Causes Blood vessels damaged from diabetic retinopathy can cause vision loss in two ways:
1. Fragile, abnormal blood vessels can develop and leak blood into the center of the eye, blurring vision. This is proliferative retinopathy.
2. Fluid can leak into the center of the macula, the part of the eye where sharp, straight-ahead vision occurs. The fluid makes the macula swell, blurring vision. This condition is called macular edema.
Risk factors
All people with diabetes--both type 1 and type 2--are at risk. That's why everyone with diabetes should get a comprehensive dilated eye exam at least once a year. The longer someone has diabetes, the more likely he or she will get diabetic retinopathy.
During pregnancy, diabetic retinopathy may be a problem for women with diabetes.
If you have diabetic retinopathy, you may need an eye exam more often. People with proliferative retinopathy can reduce their risk of blindness by 95 percent with timely treatment and appropriate follow-up care.
The level of blood sugar control may not be best for everyone, including some elderly patients, children under age 13, or people with heart disease.

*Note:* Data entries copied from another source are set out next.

-- ===== src/Async/Eager.antt =====
-- What becomes of an operation that is tried at once, and how often none is.
use Prim.Native.Nat.{◌/◌}
use async_berkeley.Base.{
  ℕ, zero, suc, ◌+◌, ◌%◌, ◌^◌, ◌<◌, ◌≡◌, refl, ap, ◌∙◌, sym, subst, true, false, Option, none, some,
  [], ◌∷◌, ◌++◌, ℤ, ◌==◌, if◌then◌else◌, arith, Bool-cases, Option-cases, inl, inr,
}
use async_berkeley.Poll.Interest.{Trigger, eager}
use async_berkeley.Poll.Mux.{
  Platform, Op, Mux, World, Signal, set_value, set_error, with_error, is_failing, complete, start,
}
use async_berkeley.Async.{next_counter, Submitted, make_sender, after_failure, submit}

-- How many of `n` operations in a row, the first of which finds `counter`, are not tried at once.
unfoldable pub skipped : ℕ → ℕ → ℕ
unfolding next_counter
skipped counter zero = 0
skipped counter (suc n) =
    (if next_counter counter == 0 then 1 else 0) + skipped (next_counter counter) n

-- Of any 256 operations in a row exactly one leaves out the attempt, and so on for longer runs.
pub skipped_lem : (counter n : ℕ) → counter < 2 ^ 8 → skipped counter n ≡ (counter + n) / 256
unfolding skipped next_counter
skipped_lem counter zero h = omega arith
skipped_lem counter (suc n) h = ground (arith, skipped_lem ((counter + 1) % 2 ^ 8) n (omega arith))

module _ {W R : Type 0} (P : Platform W) where
  -- The signal for a result of the attempt, after which the system is in state `os`; `none` if the
  -- operation is to wait.
  unfoldable pub eager_signal : ℕ → ℤ → W → Option R → Option (Signal R)
  eager_signal receiver stale os (some v) =
      some (if is_failing P stale then set_error receiver stale else set_value receiver v)
  eager_signal receiver stale os none =
      if is_failing P (P.errno os) then some (set_error receiver (P.errno os)) else none

  -- A sender that sends its signal when it is started, or one that waits for its trigger.
  unfoldable pub Delivers :
      Op W R → Submitted W R → World W R → Mux W R → Option (Signal R) → Type 0
  Delivers later s w m (some x) =
      (w' : World W R) × (start P s.sender m s.world ≡ some (m, w'))
      × (w'.signals ≡ w.signals ++ x ∷ [])
  Delivers later s w m none = s.sender ≡ later

  complete-bad :
      (op : Op W R) (w : World W R)
      → is_failing P (w.errors op.socket) ≡ true
      → complete P op w
        ≡ record w { signals = w.signals ++ set_error op.receiver (w.errors op.socket) ∷ [] }
  unfolding complete
  complete-bad op w bad = rw bad refl

  errors-with_error : (k : ℕ) (e : ℤ) (w : World W R) → (with_error k e w).errors k ≡ e
  unfolding with_error
  errors-with_error k e w = ground arith

  module _ (null_call : W → Option R × W) (receiver socket : ℕ) (trigger : Trigger)
      (f : W → Option R × W) where
    bad_sender : ℕ → World W R → Submitted W R
    bad_sender counter w = record {
      sender = make_sender receiver socket eager null_call;
      counter = counter;
      world = with_error socket (P.errno w.os) w;
    }

    after_failure-bad_sender :
        (counter : ℕ) (w : World W R)
        → is_failing P (P.errno w.os) ≡ true
        → after_failure P null_call receiver socket trigger f counter w ≡ bad_sender counter w
    unfolding after_failure with_error bad_sender
    after_failure-bad_sender counter w bad =
        let same : (socket == socket) ≡ true = ground arith in
        rw (after_failure, with_error, same, bad) refl

    after_failure-bad :
        (counter : ℕ) (w : World W R) (m : Mux W R)
        → is_failing P (P.errno w.os) ≡ true
        → (w' : World W R) × (start P
              (after_failure P null_call receiver socket trigger f counter w).sender
              m
              (after_failure P null_call receiver socket trigger f counter w).world
            ≡ some (m, w'))
          × (w'.signals ≡ w.signals ++ set_error receiver (P.errno w.os) ∷ [])
    unfolding start make_sender bad_sender with_error
    after_failure-bad counter w m bad =
        let e = P.errno w.os in
        let w' = with_error socket e w in
        let kept = errors-with_error socket e w in
        let op = make_sender receiver socket eager null_call in
        let failing : is_failing P (w'.errors socket) ≡ true = ap (is_failing P) kept ∙ bad in
        subst
          (λ s.
            (w'' : World W R) × (start P s.sender m s.world ≡ some (m, w''))
            × (w''.signals ≡ w.signals ++ set_error receiver e ∷ []))
          (sym (after_failure-bad_sender counter w bad))
          (
            _,
            ap (λ x. some (m, x)) (complete-bad op w' failing),
            ap (λ x. w.signals ++ set_error receiver x ∷ []) kept,
          )

    after_failure-fine :
        (counter : ℕ) (w : World W R)
        → is_failing P (P.errno w.os) ≡ false
        → (after_failure P null_call receiver socket trigger f counter w).sender
          ≡ make_sender receiver socket trigger f
    unfolding after_failure with_error
    after_failure-fine counter w fine =
        let same : (socket == socket) ≡ true = ground arith in
        rw (after_failure, with_error, same, fine) refl

  -- An operation that is tried at once makes one attempt. If it succeeds, the sender sends its value when
  -- it is started, unless the handle has an error of an earlier operation, which it sends in its place. If
  -- it fails, the sender sends the error, or waits where the call would block. The empty functor is called
  -- in no case.
  pub submit-Delivers :
      (null_call : W → Option R × W) (receiver socket : ℕ) (trigger : Trigger)
      (attempt f : W → Option R × W) (counter : ℕ) (w : World W R) (m : Mux W R)
      → (next_counter counter == 0) ≡ false
      → Delivers
          (make_sender receiver socket trigger f)
          (submit P null_call true receiver socket trigger attempt f counter w)
          w
          m
          (eager_signal receiver (w.errors socket) (attempt w.os).1 (attempt w.os).0)
  unfolding Delivers eager_signal submit start make_sender complete after_failure with_error
  submit-Delivers null_call receiver socket trigger attempt f counter w m h =
      elim (Option-cases (attempt w.os).0) [
        | inl failed ↦ elim (Bool-cases (is_failing P (P.errno (attempt w.os).1))) [
          | inl bad ↦
              rw (h, failed, bad)
                (after_failure-bad null_call receiver socket trigger f (next_counter counter)
                  (record w { os = (attempt w.os).1 }) m bad)
          | inr fine ↦
              rw (h, failed, fine)
                (after_failure-fine null_call receiver socket trigger f (next_counter counter)
                  (record w { os = (attempt w.os).1 }) fine)
        ]
        | inr (v, done) ↦ elim (Bool-cases (is_failing P (w.errors socket))) [
          | inl bad ↦ rw (h, done, bad) (_, refl, refl)
          | inr fine ↦ rw (h, done, fine) (_, refl, refl)
        ]
      ]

Other studies have shown that controlling elevated blood pressure and cholesterol can reduce the risk of vision loss.
Symptoms
Often there are no symptoms in the early stages of the disease, nor is there any pain. Don't wait for symptoms. Be sure to have a comprehensive dilated eye exam at least once a year.
Blurred vision may occur when the macula—the part of the retina that provides sharp central vision—swells from leaking fluid. This condition is called macular edema.

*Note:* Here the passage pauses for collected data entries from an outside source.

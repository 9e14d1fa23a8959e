-- ===== src/Async/Examples.antt =====
-- Tests and examples of the asynchronous operations, on a system that consists of `errno`.
use async_berkeley.Base.{ℕ, ◌≡◌, refl, true, Option, none, some, [], pos, int_eq}
use async_berkeley.Poll.Interest.{read}
use async_berkeley.Poll.Mux.{Platform, Mux, World, set_error, is_failing}
use async_berkeley.Async.{next_counter, make_sender, submit}
use async_berkeley.Async.Eager.{eager_signal, Delivers, submit-Delivers}

abbrev platform : Platform ℕ
platform = record {
  would_block = pos 11;
  interrupted = pos 4;
  bad_file_descriptor = pos 9;
  not_a_socket = pos 88;
  max_size = 1000;
  errno = λ w. pos w;
  so_error = λ fd w. (pos 0, pos 0, w);
}

-- The error of an earlier operation, ECONNRESET, is on the handle.
abbrev stale : World ℕ ℕ
stale = record { native = λ k. pos 3; errors = λ k. pos 104; os = 0; signals = [] }

abbrev no_mux : Mux ℕ ℕ
no_mux = record { demux = []; list = [] }

-- Five bytes are received.
abbrev receive : ℕ → Option ℕ × ℕ
receive w = (some 5, w)

abbrev empty_functor : ℕ → Option ℕ × ℕ
empty_functor w = (none, 0)

-- The bytes are lost to the receiver 1.
stale_signal : eager_signal {R = ℕ} platform 1 (pos 104) 0 (some 5) ≡ some (set_error 1 (pos 104))
unfolding eager_signal is_failing int_eq
stale_signal = refl

submit-Delivers_example :
    Delivers platform
      (make_sender 1 2 read receive)
      (submit platform empty_functor true 1 2 read receive receive 7 stale)
      stale
      no_mux
      (eager_signal platform 1 (pos 104) 0 (some 5))
unfolding next_counter
submit-Delivers_example =
    submit-Delivers platform empty_functor 1 2 read receive receive 7 stale no_mux refl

At first, you will see a few specks of blood, or spots, "floating" in your vision. Hemorrhages tend to happen more than once, often during sleep.
If left untreated, proliferative retinopathy can cause severe vision loss and even blindness.
Treatment (A) Non proliferative Retinopathy
During the non proliferative stages of diabetic retinopathy, no treatment is needed, unless you have macular edema. To prevent progression of diabetic retinopathy, people with diabetes should control their levels of blood sugar, blood pressure, and blood cholesterol.
(B) Proliferative retinopathy
Proliferative retinopathy is treated with laser surgery. This procedure is called scatter laser treatment. Scatter laser treatment helps to shrink the abnormal blood vessels. Because a high number of laser burns are necessary, two or more sessions usually are required to complete treatment. Scatter laser treatment may slightly reduce your color vision and night vision.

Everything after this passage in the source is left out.